■ WHAT TO DO ■
Set the data down again, exactly as it appears below.

■ EXERCISE INPUT ■
....

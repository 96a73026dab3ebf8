-- ===== src/MarkSweep/Session.antt =====
-- A program that uses the runtime of src/core/runtime.c with the algorithm of
-- src/algo/marksweep/ms.c: what holds of the runtime between its calls.
pub mod Allocating
pub mod Objects
pub mod Calls
pub mod Collections
pub mod HandleCalls
pub mod Sound
pub mod Surviving
mod Tests
use xgc.Barrier.{set_check_invariants}
use xgc.Heap
use xgc.MarkSweep.{Node, MarkSweepState, find_node}
use xgc.MarkSweep.Algorithm.{Answers, vtable}
use xgc.MarkSweep.Collecting.{IsReady}
use xgc.MarkSweep.Held.{held_bytes}
use xgc.MarkSweep.Nodes.{known}
use xgc.MarkSweep.Visits.{targeted}
use xgc.Object.{Memory, Header, Descriptor}
use xgc.Runtime.{Runtime, Vtable, GcConfig, Handle, gc_state_running}
use xgc.Runtime.Allocation.{alloc_typed}
use xgc.Runtime.Collection.{collect_minor, collect_major, collect_full}
use xgc.Runtime.Creation.{create, config_of}
use xgc.Runtime.Handles.{handle_acquire, handle_release}
use xgc.Runtime.References.{store_ref}
use xgc.Runtime.Program.{is_object}
use xgc.Prelude.{
  ℕ, ◌+◌, ◌*◌, ◌^◌, ◌≤◌, ◌<◌, ◌≡◌, ◌≢◌, ◌⊎◌, Bool, true, false, not, ◌&&◌, Option, none, some, List,
  Ptr, null, size_mod, is_none, ◌==◌,
}

pub record IsSound (rt : Runtime MarkSweepState) (state : MarkSweepState) : Type 0 where
  pub ready : IsReady rt state
  pub headers : (q : Ptr) → known state.objects q ≡ true → is_object (rt.memory.header q) ≡ true
  pub targets : (q : Ptr) → targeted rt.handles q ≡ true → is_object (rt.memory.header q) ≡ true
  pub named : targeted rt.handles null ≡ false
  pub total : rt.stats.total_allocated ≡ held_bytes rt.memory.header state.objects
  pub peak : rt.stats.total_allocated ≤ rt.stats.peak_allocated
  pub barriers : set_check_invariants rt.barriers ≡ true
  pub heap : Heap.check_invariants rt.heap ≡ true
  pub gc_state : rt.gc_state ≡ gc_state_running

-- One call. An allocator answers NULL or an address where no object lives, sizes fit 32 bits, and a
-- handle is acquired on an object. A collection has memory for its work stack.
pub data Call (rt : Runtime MarkSweepState) : Runtime MarkSweepState → Type 0 where
  allocate :
      (a : Answers) (raw : Ptr) (desc : Option Descriptor) (size alloc_flags : ℕ) (obj : Ptr)
      (rt' : Runtime MarkSweepState)
      → (a.object ≡ null) ⊎ (rt.memory.header a.object ≡ none)
      → (raw ≡ null) ⊎ (rt.memory.header raw ≡ none)
      → size < 2 ^ 32
      → rt.stats.total_allocated + size < size_mod
      → alloc_typed (vtable a) raw rt desc size alloc_flags ≡ some (obj, rt')
      → Call rt rt'
  store :
      (a : Answers) (owner slot new_value : Ptr)
      → Call rt (store_ref (vtable a) rt owner slot new_value)
  acquire :
      (a : Answers) (node obj : Ptr) (flags : ℕ)
      → (obj ≡ null) ⊎ (is_object (rt.memory.header obj) ≡ true)
      → Call rt (handle_acquire (vtable a) node rt obj flags).1
  release : (a : Answers) (handle : Option Handle) → Call rt (handle_release (vtable a) rt handle)
  minor :
      (a : Answers) (rt' : Runtime MarkSweepState)
      → ((n : ℕ) → a.grants n ≡ true)
      → collect_minor (vtable a) rt ≡ some rt'
      → Call rt rt'
  major :
      (a : Answers) (rt' : Runtime MarkSweepState)
      → ((n : ℕ) → a.grants n ≡ true)
      → collect_major (vtable a) rt ≡ some rt'
      → Call rt rt'
  full :
      (a : Answers) (rt' : Runtime MarkSweepState)
      → ((n : ℕ) → a.grants n ≡ true)
      → collect_full (vtable a) rt ≡ some rt'
      → Call rt rt'

-- The runtimes of one program, from `gc_runtime_create` on.
pub data Session : Runtime MarkSweepState → Type 0 where
  created :
      (a : Answers) (cfg : Option GcConfig) (roots : Option (List Ptr)) (memory : Memory)
      (algo : Vtable MarkSweepState) (rt : Runtime MarkSweepState)
      → a.state_granted ≡ true
      → (config_of cfg).gc_region_size < size_mod
      → create true true cfg none (vtable a) roots memory ≡ some (algo, rt)
      → Session rt
  called : {rt rt' : Runtime MarkSweepState} → Session rt → Call rt rt' → Session rt'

....

■ WRITTEN ANSWER ■
repository 96a73026dab3ebf8
-- ===== src/MarkSweep/Session.antt =====
-- A program that uses the runtime of src/core/runtime.c with the algorithm of
-- src/algo/marksweep/ms.c: what holds of the runtime between its calls.
pub mod Allocating
pub mod Objects
pub mod Calls
pub mod Collections
pub mod HandleCalls
pub mod Sound
pub mod Surviving
mod Tests
use xgc.Barrier.{set_check_invariants}
use xgc.Heap
use xgc.MarkSweep.{Node, MarkSweepState, find_node}
use xgc.MarkSweep.Algorithm.{Answers, vtable}
use xgc.MarkSweep.Collecting.{IsReady}
use xgc.MarkSweep.Held.{held_bytes}
use xgc.MarkSweep.Nodes.{known}
use xgc.MarkSweep.Visits.{targeted}
use xgc.Object.{Memory, Header, Descriptor}
use xgc.Runtime.{Runtime, Vtable, GcConfig, Handle, gc_state_running}
use xgc.Runtime.Allocation.{alloc_typed}
use xgc.Runtime.Collection.{collect_minor, collect_major, collect_full}
use xgc.Runtime.Creation.{create, config_of}
use xgc.Runtime.Handles.{handle_acquire, handle_release}
use xgc.Runtime.References.{store_ref}
use xgc.Runtime.Program.{is_object}
use xgc.Prelude.{
  ℕ, ◌+◌, ◌*◌, ◌^◌, ◌≤◌, ◌<◌, ◌≡◌, ◌≢◌, ◌⊎◌, Bool, true, false, not, ◌&&◌, Option, none, some, List,
  Ptr, null, size_mod, is_none, ◌==◌,
}

pub record IsSound (rt : Runtime MarkSweepState) (state : MarkSweepState) : Type 0 where
  pub ready : IsReady rt state
  pub headers : (q : Ptr) → known state.objects q ≡ true → is_object (rt.memory.header q) ≡ true
  pub targets : (q : Ptr) → targeted rt.handles q ≡ true → is_object (rt.memory.header q) ≡ true
  pub named : targeted rt.handles null ≡ false
  pub total : rt.stats.total_allocated ≡ held_bytes rt.memory.header state.objects
  pub peak : rt.stats.total_allocated ≤ rt.stats.peak_allocated
  pub barriers : set_check_invariants rt.barriers ≡ true
  pub heap : Heap.check_invariants rt.heap ≡ true
  pub gc_state : rt.gc_state ≡ gc_state_running

-- One call. An allocator answers NULL or an address where no object lives, sizes fit 32 bits, and a
-- handle is acquired on an object. A collection has memory for its work stack.
pub data Call (rt : Runtime MarkSweepState) : Runtime MarkSweepState → Type 0 where
  allocate :
      (a : Answers) (raw : Ptr) (desc : Option Descriptor) (size alloc_flags : ℕ) (obj : Ptr)
      (rt' : Runtime MarkSweepState)
      → (a.object ≡ null) ⊎ (rt.memory.header a.object ≡ none)
      → (raw ≡ null) ⊎ (rt.memory.header raw ≡ none)
      → size < 2 ^ 32
      → rt.stats.total_allocated + size < size_mod
      → alloc_typed (vtable a) raw rt desc size alloc_flags ≡ some (obj, rt')
      → Call rt rt'
  store :
      (a : Answers) (owner slot new_value : Ptr)
      → Call rt (store_ref (vtable a) rt owner slot new_value)
  acquire :
      (a : Answers) (node obj : Ptr) (flags : ℕ)
      → (obj ≡ null) ⊎ (is_object (rt.memory.header obj) ≡ true)
      → Call rt (handle_acquire (vtable a) node rt obj flags).1
  release : (a : Answers) (handle : Option Handle) → Call rt (handle_release (vtable a) rt handle)
  minor :
      (a : Answers) (rt' : Runtime MarkSweepState)
      → ((n : ℕ) → a.grants n ≡ true)
      → collect_minor (vtable a) rt ≡ some rt'
      → Call rt rt'
  major :
      (a : Answers) (rt' : Runtime MarkSweepState)
      → ((n : ℕ) → a.grants n ≡ true)
      → collect_major (vtable a) rt ≡ some rt'
      → Call rt rt'
  full :
      (a : Answers) (rt' : Runtime MarkSweepState)
      → ((n : ℕ) → a.grants n ≡ true)
      → collect_full (vtable a) rt ≡ some rt'
      → Call rt rt'

-- The runtimes of one program, from `gc_runtime_create` on.
pub data Session : Runtime MarkSweepState → Type 0 where
  created :
      (a : Answers) (cfg : Option GcConfig) (roots : Option (List Ptr)) (memory : Memory)
      (algo : Vtable MarkSweepState) (rt : Runtime MarkSweepState)
      → a.state_granted ≡ true
      → (config_of cfg).gc_region_size < size_mod
      → create true true cfg none (vtable a) roots memory ≡ some (algo, rt)
      → Session rt
  called : {rt rt' : Runtime MarkSweepState} → Session rt → Call rt rt' → Session rt'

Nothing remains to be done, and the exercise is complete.